- _Supplied material_
==========

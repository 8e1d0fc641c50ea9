-- ===== src/Inspection/Sse/Passes.antt =====
-- inspection/engine.py: a text that the loop reads to its end is a stream of events that passes.

use ai_security_gateway.Base.{
  ends_with, String, ◌≡◌, Bool, true, false, not, ◌&&◌, Option, List, [], ◌∷◌, str_eq, is_set,
  codes, arith, Bool-cases, inl, inr, ℕ, suc,
}
use ai_security_gateway.Base.Dict
use ai_security_gateway.Base.Result.{Result, ok}
use ai_security_gateway.Base.Exec.{lift}
use ai_security_gateway.Base.Exec.Runs.{bind-returns}
use ai_security_gateway.Inspection.Json.{Json, obj}
use ai_security_gateway.Inspection.Contracts.{Bytes, InspectionConfig, Raised}
use ai_security_gateway.Inspection.Session.{Parts, Session, refuse_if, signatures}
use ai_security_gateway.Inspection.Protocol.Headers.{drop_last_two}
use ai_security_gateway.Inspection.Sse.{StreamState, initial}
use ai_security_gateway.Inspection.Sse.Anthropic.{has_open}
use ai_security_gateway.Inspection.Sse.Lines.{
  without_mark, with_newlines, split_events, split_lines, join_lines, Lines, read_lines,
}
use ai_security_gateway.Inspection.Sse.Stream.{
  value_event, done_event, data_step, step, steps, finish, accept, needs_terminal,
}
use ai_security_gateway.Inspection.Sse.Reader.{
  Read, Turns, events_of, collect_event, has_code, read_dict, read_json, read_done, read_some,
  read_data, read_event, read_events, finish_events, read_text, read_stream,
}
use ai_security_gateway.Inspection.Sse.Complete.{
  with_data, ends_final, is_anthropic, accept-ends_final,
}

module _ {File : Type 0} (parts : Parts) (config : InspectionConfig) (is_zero : String → Bool)
    (str_of : Json → String) (provider : Option String) where
  lift-ok :
      {A : Type 0} (r : Result Raised A) (x y : Session File) (a : A)
      → lift r x ≡ (ok a, y)
      → r ≡ ok a
  lift-ok r x y a h = ground arith

  read_dict-step :
      (ordinal : ℕ) (name : Option String) (value : Json) (s t : StreamState) (e : Read)
      (x y : Session File)
      → s.terminal ≡ false
      → read_dict parts config is_zero str_of provider ordinal name value s x ≡ (ok (e, t), y)
      → step is_zero e.event s ≡ ok t
  unfolding read_dict step data_step
  read_dict-step ordinal name (obj value) s t e x y open_yet h =
      let (u, x1, h1, k1) = bind-returns (signatures parts config (obj value)) _ x (e, t) y h in
      let (after, x2, h2, k2) =
        bind-returns (lift (value_event is_zero name value s)) _ x1 (e, t) y k1 in
      let (collected, x3, h3, k3) =
        bind-returns (collect_event parts config is_zero str_of provider ordinal after.family value)
          _ x2 (e, t) y k2 in
      let passed = lift-ok (value_event is_zero name value s) x1 x2 after h2 in
      ground (arith, passed, k3, open_yet)
  read_dict-step ordinal name value s t e x y open_yet h = ground arith

  read_json-step :
      (ordinal : ℕ) (name : Option String) (content : String) (s t : StreamState) (e : Read)
      (x y : Session File)
      → s.terminal ≡ false
      → read_json parts config is_zero str_of provider ordinal name content s x ≡ (ok (e, t), y)
      → step is_zero e.event s ≡ ok t
  unfolding read_json
  read_json-step ordinal name content s t e x y open_yet h =
      let (bytes, x1, h1, k1) = bind-returns (lift (parts.encode_utf8 content)) _ x (e, t) y h in
      let (value, x2, h2, k2) = bind-returns (lift (parts.strict_json bytes)) _ x1 (e, t) y k1 in
      read_dict-step ordinal name value s t e x2 y open_yet k2

  read_done-step :
      (s t : StreamState) (e : Read) (x y : Session File)
      → s.terminal ≡ false
      → read_done parts config is_zero str_of provider s x ≡ (ok (e, t), y)
      → step is_zero e.event s ≡ ok t
  unfolding read_done step data_step
  read_done-step s t e x y open_yet h =
      let (after, x1, h1, k1) = bind-returns (lift (done_event s)) _ x (e, t) y h in
      ground (arith, lift-ok (done_event s) x x1 after h1, k1, open_yet)

  read_data-step :
      (ordinal : ℕ) (name : Option String) (content : String) (s t : StreamState) (e : Read)
      (x y : Session File)
      → read_data parts config is_zero str_of provider ordinal name content s x ≡ (ok (e, t), y)
      → step is_zero e.event s ≡ ok t
  unfolding read_data read_some step data_step refuse_if
  read_data-step ordinal name content s t e x y h = elim (Bool-cases (is_set content)) [
    | inr without ↦ ground (arith, without, h)
    | inl given ↦ elim (Bool-cases s.terminal) [
      | inl over ↦ ground (arith, given, over, h)
      | inr open_yet ↦ elim (Bool-cases (str_eq content "[DONE]")) [
        | inl marked ↦
            read_done-step s t e x y open_yet (ground (arith, given, open_yet, marked, h))
        | inr other ↦
            read_json-step ordinal name content s t e x y open_yet
              (ground (arith, given, open_yet, other, h))
      ]
    ]
  ]

  read_event-step :
      (ordinal : ℕ) (text : String) (s t : StreamState) (e : Read) (x y : Session File)
      → read_event parts config is_zero str_of provider ordinal text s x ≡ (ok (e, t), y)
      → step is_zero e.event s ≡ ok t
  unfolding read_event
  read_event-step ordinal text s t e x y h =
      let start : Lines = record { data_lines = []; metadata = [] } in
      let (l, x1, h1, k1) =
        bind-returns (read_lines parts config (split_lines text) start) _ x (e, t) y h in
      read_data-step ordinal (Dict.get "event" l.metadata) (join_lines l.data_lines) s t e x1 y k1

  read_events-steps :
      (ordinal : ℕ) (texts : List String) (s t : StreamState) (es : Turns) (x y : Session File)
      → read_events parts config is_zero str_of provider ordinal texts s x ≡ (ok (es, t), y)
      → steps is_zero (events_of es) s ≡ ok t
  unfolding read_events events_of steps
  read_events-steps ordinal [] s t es x y h = ground arith
  read_events-steps ordinal (text ∷ more) s t es x y h =
      let ((e, m), x1, h1, k1) =
        bind-returns (read_event parts config is_zero str_of provider ordinal text s) _ x (es, t) y
          h in
      let ((fs, u), x2, h2, k2) =
        bind-returns (read_events parts config is_zero str_of provider (suc ordinal) more m) _ x1
          (es, t) y k1 in
      ground (
        arith,
        k2,
        read_event-step ordinal text s m e x x1 h1,
        read_events-steps (suc ordinal) more m u fs x1 x2 h2,
      )

  read_text-accept :
      (text : String) (es : Turns) (t : StreamState) (x y : Session File)
      → read_text parts config is_zero str_of provider text x ≡ (ok (es, t), y)
      → accept is_zero (events_of es) ≡ ok t
  unfolding read_text finish_events accept
  read_text-accept text es t x y h =
      let (u1, x1, h1, k1) =
        bind-returns (refuse_if (not (ends_with "\n\n" text)) "incomplete_sse_event") _ x (es, t) y
          h in
      let (u2, x2, h2, k2) =
        bind-returns (refuse_if (has_code 0 (codes text)) "invalid_sse_control_character") _ x1
          (es, t) y k1 in
      let ((fs, m), x3, h3, k3) =
        bind-returns
          (read_events parts config is_zero str_of provider 0 (split_events (drop_last_two text))
            initial)
          _ x2 (es, t) y k2 in
      let (last, x4, h4, k4) = bind-returns (lift (finish m)) _ x3 (es, t) y k3 in
      ground (
        arith,
        k4,
        read_events-steps 0 (split_events (drop_last_two text)) initial m fs x2 x3 h3,
        lift-ok (finish m) x3 x4 last h4,
      )

  read_stream-accept :
      (body : Bytes) (es : Turns) (t : StreamState) (x y : Session File)
      → read_stream parts config is_zero str_of provider body x ≡ (ok (es, t), y)
      → accept is_zero (events_of es) ≡ ok t
  unfolding read_stream
  read_stream-accept body es t x y h =
      let (text, x1, h1, k1) = bind-returns (lift (parts.decode_utf8 body)) _ x (es, t) y h in
      read_text-accept (with_newlines (without_mark text)) es t x1 y k1

  -- A body that the loop reads to its end as chat completions, responses or messages has its terminal
  -- event as the last event with data and nowhere else, and a stream of messages leaves no content block
  -- open.
  pub read_stream-ends_final :
      (body : Bytes) (es : Turns) (t : StreamState) (x y : Session File)
      → read_stream parts config is_zero str_of provider body x ≡ (ok (es, t), y)
      → needs_terminal t.family ≡ true
      → (ends_final (with_data (events_of es)) ≡ true)
        × ((is_anthropic t.family && has_open t.anthropic_open) ≡ false)
  read_stream-ends_final body es t x y h f =
      accept-ends_final is_zero (events_of es) t (read_stream-accept body es t x y h) f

==========

- _Task directions_
For every line of the data above that contains "ground", copy that line.

- _Written reply_
  lift-ok r x y a h = ground arith
      ground (arith, passed, k3, open_yet)
  read_dict-step ordinal name value s t e x y open_yet h = ground arith
      ground (arith, lift-ok (done_event s) x x1 after h1, k1, open_yet)
    | inr without ↦ ground (arith, without, h)
      | inl over ↦ ground (arith, given, over, h)
            read_done-step s t e x y open_yet (ground (arith, given, open_yet, marked, h))
              (ground (arith, given, open_yet, other, h))
  read_events-steps ordinal [] s t es x y h = ground arith
      ground (
      ground (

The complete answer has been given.